La baguette de pain en vente à 29 centimes d'euros dans les hypermarchés Leclerc a fait réagir. Pour Simon, boulanger près de Morteau dans le Haut-Doubs, les deux produits sont incomparables.
Le 11 janvier dernier, le patron de Leclerc annonçait la vente dans ses hypermarchés d'une baguette de pain à 29 centimes d'euros. Cela fait réagir les boulangers et notamment Simon Viennet, 32 ans. Avec son frère Rémy, ils dirigent 34 salariés dans ses trois boulangeries dont une à Villers-le-Lac (Doubs), à côté de Morteau. Pourquoi doit-il vendre ses pains plus cher que chez Leclerc ? Simon Viennet nous donne quelques clés pour comprendre comment il fixe son prix de vente.
Le risque, c'est de se retrouver avec une baguette qui n'a pas trop de goût, fade, neutre
Simon Viennet
Prix supérieurs pour une qualité supérieure
L'annonce des hypermarchés Leclerc, "C'est clairement un coup de communication et ça ne me fait ni chaud, ni froid", estime le maître-artisan.
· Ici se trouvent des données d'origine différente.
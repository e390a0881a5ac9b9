-- ===== src/Capacity/Handoff.antt =====
-- provision_handoff.go: the release of a worker is prepared (PrepareProvisionRelease), and committed
-- with the operation's success (FinalizeProvision).
use crane_oss.Base.{
  ℕ, ◌+◌, ◌-◌, String, Bool, true, false, ◌&&◌, Option, none, some, ◌==◌, ltb, eqb, if◌then◌else◌,
  Result, ok, err, ◌>>=◌, refuse_if, or_fail,
}
use crane_oss.Base.Tables.{find, any, count, update}
use crane_oss.Api.{HostState, ready, converging, Operation, is_provision, is_launching}
use crane_oss.Capacity.Db.{
  Error, fenced, external, Db, NodeGroup, ClusterZone, Zone, Cluster, OperationRow, Host,
  ProvisioningState,
}
use crane_oss.Capacity.Policy.{approved_ready, member_of}
use crane_oss.Capacity.Leases.{fenced_update, holds}
use crane_oss.Capacity.Provision.{fenced_host_update, succeed}

-- The operation's group is a member of its zone's cluster, approved and ready.
abbrev pub group_approved : Db → OperationRow → Bool
group_approved db o =
    any
      (λ (g : NodeGroup).
        g.id == o.group_id
        && any (λ (m : ClusterZone). member_of g m && approved_ready m) db.memberships)
      db.groups

abbrev pub is_converging : HostState → Bool
is_converging converging = true
is_converging _ = false

-- b.expected_state->>'version' = v AND b.expected_state->>'revision' = '1'
abbrev pub expects_version : String → ProvisioningState → Bool
expects_version v p = elim p.expected_state [
  | none ↦ false
  | some s ↦ s.version == v && eqb s.revision 1
]

abbrev pub converging_at : String → String → Db → Bool
converging_at host_id v db =
    any (λ (h : Host). h.id == host_id && is_converging h.state && h.desired_state_version == v)
      db.hosts

-- An operation that the worker launches, for which the state was bound.
abbrev pub releases_for : Operation → ℕ → Db → ProvisioningState → OperationRow → Bool
releases_for op now db p o =
    holds op now o
    && is_launching o.state
    && o.id == p.operation_id
    && o.host_id == p.host_id
    && group_approved db o

-- The join of an operation with its host, its bound state and its approved membership.
abbrev pub releasable : Operation → String → ℕ → Db → ProvisioningState → Bool
releasable op v now db p =
    expects_version v p
    && converging_at p.host_id v db
    && any (releases_for op now db p) db.operations

unfoldable pub prepare_provision_release : Operation → String → ℕ → Db → Result Error Db
prepare_provision_release op v now db =
    let p =
      λ (b : ProvisioningState). (if v == "" then false else true) && releasable op v now db b in
    if eqb (count p db.provisioning) 1
    then ok (record db {
      provisioning = update p (λ b. record b { release_started = true }) db.provisioning;
    })
    else err fenced

-- The zone and the cluster of the group must be ready as well.
abbrev pub group_ready : Db → OperationRow → Bool
group_ready db o =
    any
      (λ (g : NodeGroup).
        g.id == o.group_id
        && any (λ (m : ClusterZone). member_of g m && approved_ready m) db.memberships
        && any (λ (z : Zone). z.id == g.zone_id && z.enabled && z.lifecycle_ready) db.zones
        && any (λ (c : Cluster). c.id == g.cluster_id && c.lifecycle_ready) db.clusters)
      db.groups

abbrev pub lasts_beyond : OperationRow → ℕ → Bool
lasts_beyond o time = elim o.lease [ none ↦ false | some l ↦ ltb time l.until ]

abbrev pub lease_end : OperationRow → ℕ
lease_end o = elim o.lease [ none ↦ 0 | some l ↦ l.until ]

-- The row that FinalizeProvision locks: the lease must last one more second.
abbrev pub finalizable : Operation → String → ℕ → Db → OperationRow → Bool
finalizable op v now db o =
    holds op now o
    && o.host_id == op.host_id
    && is_provision o.kind
    && is_launching o.state
    && lasts_beyond o (now + 1000)
    && group_ready db o
    && converging_at o.host_id v db
    && any
        (λ (b : ProvisioningState).
          b.host_id == o.host_id
          && b.operation_id == o.id
          && b.release_started
          && expects_version v b)
        db.provisioning

-- The external release is handed its deadline, and answers with an error or success and the time
-- at which it returned.
abbrev pub Release : Type 0
Release = ℕ → Option Error × ℕ

abbrev pub release_deadline : ℕ → OperationRow → ℕ
release_deadline now o =
    let bounded = now + 20_000 in
    let margin = lease_end o - 1000 in if ltb margin bounded then margin else bounded

abbrev pub ready_row : Host → Host
ready_row h = record h { state = ready; observed_state_version = h.desired_state_version }

-- The two writes after the release, at the time `later`.
unfoldable pub commit_release : Operation → ℕ → Db → Result Error Db
commit_release op later db = do
  released ←
      fenced_host_update
        (λ h.
          is_converging h.state
          && any
              (λ (o : OperationRow).
                o.id == op.id && o.host_id == h.id && lasts_beyond o later && eqb o.fence op.fence)
              db.operations)
        ready_row db
  fenced_update (λ o. o.id == op.id && eqb o.fence op.fence) (succeed later) released

-- The rows stay locked from the first read to the commit, so nothing else writes them meanwhile.
unfoldable pub finalize_provision : Release → Operation → String → ℕ → Db → Result Error Db
finalize_provision release op v now db = do
  o ← or_fail (find (finalizable op v now db) db.operations) fenced
  let deadline = release_deadline now o
  let (failure, later) = release deadline
  elim failure [
    | some e ↦ err e
    | none ↦
        refuse_if (if ltb later deadline then false else true) (external "deadline exceeded")
        >>= λ _. commit_release op later db
  ]
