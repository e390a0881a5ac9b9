-- ===== src/Capacity/Binding.antt =====
-- provision_handoff.go: a worker's node is bound to its operation (BindProvisionNode) and the state
-- that is expected of it is pinned (PinProvisionExpectedState).
use Prim.Native.String.{◌++◌}
use crane_oss.Base.{
  ℕ, String, Bool, true, false, ◌&&◌, ◌||◌, none, some, ◌==◌, ltb, eqb, if◌then◌else◌, Result, ok,
  err, ◌>>=◌, ◌>>◌, refuse_if, or_fail,
}
use crane_oss.Base.Tables.{find, any, count, update}
use crane_oss.Api.{Operation, ExpectedHostState, is_provision, is_launching}
use crane_oss.Capacity.Db.{
  Error, invalid, no_rows, fenced, Db, OperationRow, Host, ProvisioningState,
}
use crane_oss.Capacity.Intents.{insert_row}
use crane_oss.Capacity.Leases.{holds}
use crane_oss.Capacity.Provision.{is_registering}
use crane_oss.Capacity.Handoff.{group_approved}

-- What the standard library supplies: the hex digest of api.WorkerNodeName, the length of a text in
-- bytes, and whether the JSON round trip of a state is accepted.
pub record Codec : Type 0 where
  pub digest : String → String
  pub byte_length : String → ℕ

abbrev pub worker_node_name : Codec → String → String
worker_node_name c host_id = "crane-" ++ c.digest host_id

pub record ProvisionBinding : Type 0 where
  pub node_name : String
  pub node_uid : String
  pub provider_id : String
  pub contract_hash : String

abbrev pub bindable : Operation → ℕ → Db → OperationRow → Bool
bindable op now db o =
    holds op now o
    && o.host_id == op.host_id
    && is_provision o.kind
    && is_launching o.state
    && group_approved db o
    && any (λ (h : Host). h.id == o.host_id && is_registering h.state) db.hosts

abbrev pub binding_row : Operation → ProvisionBinding → ProvisioningState
binding_row op b = record {
  host_id = op.host_id;
  operation_id = op.id;
  node_name = b.node_name;
  node_uid = b.node_uid;
  provider_id = b.provider_id;
  contract_hash = b.contract_hash;
  expected_state = none;
  release_started = false;
}

abbrev pub same_binding : ProvisioningState → ProvisioningState → Bool
same_binding a b =
    a.operation_id == b.operation_id
    && a.node_name == b.node_name
    && a.node_uid == b.node_uid
    && a.provider_id == b.provider_id
    && a.contract_hash == b.contract_hash

-- INSERT … ON CONFLICT(host_id) DO UPDATE … WHERE the old evidence is the new: one row is affected
-- by a first binding and by its exact repetition, none by other evidence.
unfoldable pub bind_provision_node : Codec → Operation → ProvisionBinding → ℕ → Db → Result Error Db
bind_provision_node c op b now db = do
  refuse_if
      ((if b.node_name == worker_node_name c op.host_id then false else true)
        || b.node_uid == ""
        || b.provider_id == ""
        || (if eqb (c.byte_length b.contract_hash) 64 then false else true))
      invalid
  refuse_if (if eqb (count (bindable op now db) db.operations) 1 then false else true) fenced
  let new = binding_row op b
  elim (find (λ (p : ProvisioningState). p.host_id == op.host_id) db.provisioning) [
    | some old ↦ if same_binding old new then ok db else err fenced
    | none ↦
        insert_row (λ (p : ProvisioningState). p.operation_id == op.id || p.node_uid == b.node_uid)
          new db.provisioning
        >>= λ rows. ok (record db { provisioning = rows })
  ]

-- ProvisionBinding: the state bound for the operation's host.
unfoldable pub provision_binding : Operation → Db → Result Error ProvisioningState
provision_binding op db =
    or_fail
      (find (λ (p : ProvisioningState). p.host_id == op.host_id && p.operation_id == op.id)
        db.provisioning)
      no_rows

abbrev has_secret : ExpectedHostState → Bool
has_secret s = elim s.secret [ none ↦ false | some _ ↦ true ]

abbrev pub pinnable : Codec → ExpectedHostState → Bool
pinnable c s =
    eqb s.revision 1
    && (if s.version == "" || ltb 128 (c.byte_length s.version) || has_secret s
        then false
        else true)

-- The first state that is pinned stays.
abbrev pub pin : ExpectedHostState → ProvisioningState → ProvisioningState
pin s p = elim p.expected_state [ none ↦ record p { expected_state = some s } | some _ ↦ p ]

abbrev pub pinned_or : ExpectedHostState → ProvisioningState → ExpectedHostState
pinned_or s p = elim p.expected_state [ none ↦ s | some t ↦ t ]

-- The row lock is taken on an operation in `launching` whose host is registering.
abbrev pub pins : Operation → ℕ → Db → OperationRow → Bool
pins op now db o =
    holds op now o
    && o.host_id == op.host_id
    && is_launching o.state
    && any (λ (h : Host). h.id == o.host_id && is_registering h.state) db.hosts

-- PinProvisionExpectedState: it returns what is pinned now, which may be an earlier state.
unfoldable pub pin_provision_expected_state :
    Codec → Operation → ExpectedHostState → ℕ → Db → Result Error (ExpectedHostState × Db)
pin_provision_expected_state c op s now db = do
  refuse_if (if pinnable c s then false else true) invalid
  refuse_if (if any (pins op now db) db.operations then false else true) fenced
  let bound = λ (p : ProvisioningState). p.host_id == op.host_id && p.operation_id == op.id
  p ← or_fail (find bound db.provisioning) no_rows
  let pinned = pinned_or s p
  refuse_if (if eqb pinned.revision 1 then (pinned.version == "" || has_secret pinned) else true)
      invalid
  ok (
    pinned,
    record db {
      provisioning = update bound (pin s) db.provisioning;
      hosts =
          update (λ (h : Host). h.id == op.host_id)
            (λ h. record h { desired_state_version = pinned.version }) db.hosts;
    },
  )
Il n'est pas trop préoccupé par leur concurrence : le Leclerc le plus proche est à 35 kilomètres à Pontarlier. Simon Viennet assume de travailler "9 à 10 heures par jour, dès 1h30 du matin" et d'avoir des prix de vente supérieurs à ceux du réseau de magasins. Chez lui, une baguette classique coûte 1 euro et cela peut aller jusqu'à 1,30 euro pour la baguette aux graines.
Pour fabriquer ses produits, ce boulanger a d'abord besoin de farine : "Elle représente 15 à 20 centimes sur chaque baguette". Il faut ensuite payer la trentaine d'employés. C'est pourquoi 50 centimes du prix de vente sont liés à la masse salariale. "Les supermarchés ont beaucoup de machines, donc il y a forcément moins de main d'oeuvre. La production mécanisée leur permet de générer des marges plus élevées", précise le boulanger du Doubs.
Simon Viennet a beau être aidé par son équipe, ses efforts ne seraient rien sans énergie. "Nous utilisons un four à bois pour nos productions, donc la hausse des prix de l'électricité n'a pas eu d'importance pour nous", se réjouit l'artisan. Il n'empêche que cela a un coût. Le chef d'entreprise doit donc affecter "10 à 15 centimes sur la vente de chaque pain" pour payer les dépenses énergétiques.
Il reste enfin la trésorerie. En clair, il s'agit de ce que le boulanger gagne sur chaque pain vendu. Il est compris "entre 10 et 15 centimes d'euro sur chaque produit".
Méfiance sur le pain des grandes surfaces
Si Leclerc pratique ces prix cassés, c'est surtout parce qu'il négocie des contrats avantageux. À en croire Simon, qui durant sa formation a travaillé dans une importante fabrique de farine en région parisienne : "Les contrats portant notamment sur les farines sont négociés dès le début d'année, ce qui leur permet d'avoir des prix qui ne changent pas au cours de la saison".
Selon l'artisan, c'est ce qui fait que "les farines qu'ils utilisent soient entre deux et quatre fois moins chères que celles utilisées dans les boulangeries". D'après le boulanger, le consommateur doit être prudent : "Le risque, c'est de se retrouver avec une baguette qui n'a pas trop de goût, fade, neutre, contenant beaucoup d'adjuvants et d'améliorants pour faciliter la mécanisation".
Pour autant, Simon Viennet ne clame pas avoir la baguette parfaite. Il reste humble : "Avant d'être un artisan, on est d'abord un apprenti. Ce qui veut dire qu'il faut accepter aussi une part d'erreur dans la production". Des erreurs qu'il compense par le bon accueil et les relations humaines : "En venant chez l'artisan, les gens veulent un pain de qualité. Le pain de qualité n'est rien s'il n'y a pas de bon accueil. S'il y a une erreur dans la production, la relation humaine vient en partie à bout de ça".
Au final, le boulanger de 32 ans ne s'estime pas inquiet. Bien au contraire, il est encore plus en forme pour affronter de nouveaux défis. Son père Jean-Luc, lui aussi maître-artisan, était "Meilleur Ouvrier de France" il y a quelques années. Il s'apprête à prendre sa retraite en juillet prochain, à 61 ans. Simon et Rémy Viennet ont donc du pain sur la planche pour tenir leur réputation.